-- What is needed --
Where does the string "MoneyPolicy" occur in the records? Copy each line that holds it.

(Stored items)
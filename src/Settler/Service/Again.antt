-- ===== src/Settler/Service/Again.antt =====
-- A second settlement of an invoice that was granted (settler/service.py).
use notchstave.Common.{
  ℕ, ◌≡◌, refl, sym, ap, ◌∙◌, true, Option, none, some, List, [], ◌∷◌, arith, ◌⊎◌, inl, inr, ◌==◌,
}
use notchstave.Common.Int.{ℤ}
use notchstave.Common.Rows.{find}
use notchstave.Enums.{ManualReviewKind}
use notchstave.Invoicing.Integrity.{verify_mac}
use notchstave.Settler.Policy.{Outcome, MoneyPolicy}
use notchstave.Settler.Ledger.{Invoice, Payment, Ledger}
use notchstave.Settler.Ledger.Invoices.{InvoiceContext, lock_invoice}
use notchstave.Settler.Ledger.Payments.{invoice_payments, promote_payment_to_confirmed}
use notchstave.Settler.Ledger.Outbox.{open_manual_review}
use notchstave.Settler.Service.{
  Result, done, raised, SettlementResult, plain_result, SettlerError, sum_raw, candidates,
  open_reviews_for_anomalies,
}
use notchstave.Settler.Service.Settle.{
  terms, classify_for, rule_for, cutoff_for, decided, promote_candidates, settle_funded,
  settle_live, settle_locked, settle_invoice, refuse_tampered_invoice,
}
use notchstave.Settler.Service.Flow.{settle_decided-cases}
use notchstave.Settler.Service.Funded.{total_in}
use notchstave.Settler.Service.Settled.{IsSettledAfter, apply_settlement-IsSettledAfter}

raised-IsSettledAfter : (ctx : InvoiceContext) (e : SettlerError) → IsSettledAfter ctx (raised e)
unfolding IsSettledAfter
raised-IsSettledAfter ctx e = tt

idle-IsSettledAfter :
    (ctx : InvoiceContext) (r : SettlementResult) (db : Ledger)
    → r.entitlement_id ≡ none
    → IsSettledAfter ctx (done (r, db))
unfolding IsSettledAfter
idle-IsSettledAfter ctx r db idle = inl idle

find-id :
    (i : ℕ) (r : Invoice) (rows : List Invoice)
    → find (λ (q : Invoice). q.id) i rows ≡ some r
    → r.id ≡ i
unfolding find
find-id i r [] e = ground arith
find-id i r (q ∷ rows) e = ground (arith, find-id i r rows)

pub lock_invoice-id :
    (i : ℕ) (ctx : InvoiceContext) (db : Ledger) → lock_invoice i db ≡ some ctx → ctx.invoice.id ≡ i
unfolding lock_invoice
lock_invoice-id i ctx db e = ground (arith, find-id i ctx.invoice db.invoices)

promote_payment-found :
    (i : ℕ) (ctx : InvoiceContext) (id : ℕ) (db : Ledger)
    → lock_invoice i db ≡ some ctx
    → lock_invoice i (promote_payment_to_confirmed id db).1 ≡ some ctx
unfolding lock_invoice promote_payment_to_confirmed
promote_payment-found i ctx id db found = ground arith

open_manual_review-found :
    (i : ℕ) (ctx : InvoiceContext) (kind : ManualReviewKind) (j p : Option ℕ) (db : Ledger)
    → lock_invoice i db ≡ some ctx
    → lock_invoice i (open_manual_review kind j p db).1 ≡ some ctx
unfolding lock_invoice open_manual_review
open_manual_review-found i ctx kind j p db found = ground arith

pub promote_candidates-found :
    (i : ℕ) (ctx : InvoiceContext) (cutoff : ℤ) (ps : List Payment) (db : Ledger)
    → lock_invoice i db ≡ some ctx
    → lock_invoice i (promote_candidates cutoff ps db) ≡ some ctx
unfolding promote_candidates
promote_candidates-found i ctx cutoff [] db found = found
promote_candidates-found i ctx cutoff (p ∷ ps) db found =
    grind
      (arith, promote_candidates-found i ctx cutoff ps, promote_payment-found i ctx p.id db found)

pub open_reviews-found :
    (i j : ℕ) (ctx : InvoiceContext) (ps : List Payment) (db : Ledger)
    → lock_invoice i db ≡ some ctx
    → lock_invoice i (open_reviews_for_anomalies j ps db).1 ≡ some ctx
unfolding open_reviews_for_anomalies
open_reviews-found i j ctx [] db found = found
open_reviews-found i j ctx (p ∷ ps) db found =
    grind (arith, open_reviews-found i j ctx ps, open_manual_review-found i ctx)

module _ (policy : MoneyPolicy) where
  settle_funded-IsSettledAfter :
      (ctx : InvoiceContext) (ps : List Payment) (reviews : List ℕ) (db : Ledger)
      → lock_invoice ctx.invoice.id db ≡ some ctx
      → IsSettledAfter ctx (settle_funded policy ctx ps reviews db)
  unfolding settle_funded
  settle_funded-IsSettledAfter ctx ps reviews db found =
      let rule = rule_for policy ctx (sum_raw ps) in
      let cutoff = cutoff_for policy ctx rule db in
      let db1 = promote_candidates cutoff ps db in
      let s = decided policy ctx rule ps cutoff reviews in
      settle_decided-cases (IsSettledAfter ctx) (raised-IsSettledAfter ctx)
        (idle-IsSettledAfter ctx) policy
        (classify_for policy ctx (total_in ctx cutoff db1.payments)) s db1
        λ a e granting.
          apply_settlement-IsSettledAfter (s a) db1
            (promote_candidates-found ctx.invoice.id ctx cutoff ps db found)

  settle_live-IsSettledAfter :
      (ctx : InvoiceContext) (db : Ledger)
      → lock_invoice ctx.invoice.id db ≡ some ctx
      → IsSettledAfter ctx (settle_live policy ctx db)
  unfolding settle_live IsSettledAfter
  settle_live-IsSettledAfter ctx db found =
      let i = ctx.invoice.id in
      let payments = invoice_payments i db.payments in
      let (reviews, db1) = open_reviews_for_anomalies i payments db in
      ground (
        arith,
        settle_funded-IsSettledAfter ctx (candidates ctx payments) reviews db1
            (open_reviews-found i i ctx payments db found),
      )

  module _ (mac : List ℕ → List ℕ) where
    -- A result grants nothing, or a second settlement finds the invoice settled and changes nothing.
    unfoldable pub IsFinal : ℕ → Result (SettlementResult × Ledger) → Type 0
    IsFinal i (raised e) = Unit
    IsFinal i (done (r, after)) =
        (r.entitlement_id ≡ none)
        ⊎ (settle_invoice policy mac i after ≡ done (plain_result i Outcome.already_settled, after))

    from_settled :
        (i : ℕ) (ctx : InvoiceContext) (res : Result (SettlementResult × Ledger))
        → ctx.invoice.id ≡ i
        → (ctx.asset.chain_id == ctx.invoice.chain_id) ≡ true
        → verify_mac mac ctx.invoice.integrity_mac (terms ctx) ≡ true
        → IsSettledAfter ctx res
        → IsFinal i res
    unfolding IsSettledAfter IsFinal settle_invoice settle_locked
    from_settled i ctx (raised e) same chain verified after = tt
    from_settled i ctx (done (r, db)) same chain verified (inl idle) = inl idle
    from_settled i ctx (done (r, db)) same chain verified (inr (status, (settled, found))) =
        inr (rw (sym same, found) (ground arith))

    refuse_tampered-IsFinal :
        (i : ℕ) (ctx : InvoiceContext) (db : Ledger)
        → IsFinal i (done (refuse_tampered_invoice ctx db))
    unfolding refuse_tampered_invoice IsFinal
    refuse_tampered-IsFinal i ctx db = inl refl

    settle_locked-IsFinal :
        (i : ℕ) (found : Option InvoiceContext) (db : Ledger)
        → lock_invoice i db ≡ found
        → IsFinal i (settle_locked policy mac i found db)
    unfolding settle_locked IsFinal
    settle_locked-IsFinal i none db e = tt
    settle_locked-IsFinal i (some ctx) db e =
        let same = lock_invoice-id i ctx db e in
        ground (
          arith,
          refuse_tampered-IsFinal i ctx db,
          from_settled i ctx (settle_live policy ctx db) same,
          settle_live-IsSettledAfter ctx db (ap (λ j. lock_invoice j db) same ∙ e),
        )

    -- A settlement that grants is final: settling the invoice again, on the tables that it left, is
    -- `already_settled` and changes nothing in them.
    pub settle_invoice-IsFinal : (i : ℕ) (db : Ledger) → IsFinal i (settle_invoice policy mac i db)
    unfolding settle_invoice
    settle_invoice-IsFinal i db = settle_locked-IsFinal i (lock_invoice i db) db refl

-- Result for this exercise --
use notchstave.Settler.Policy.{Outcome, MoneyPolicy}
module _ (policy : MoneyPolicy) where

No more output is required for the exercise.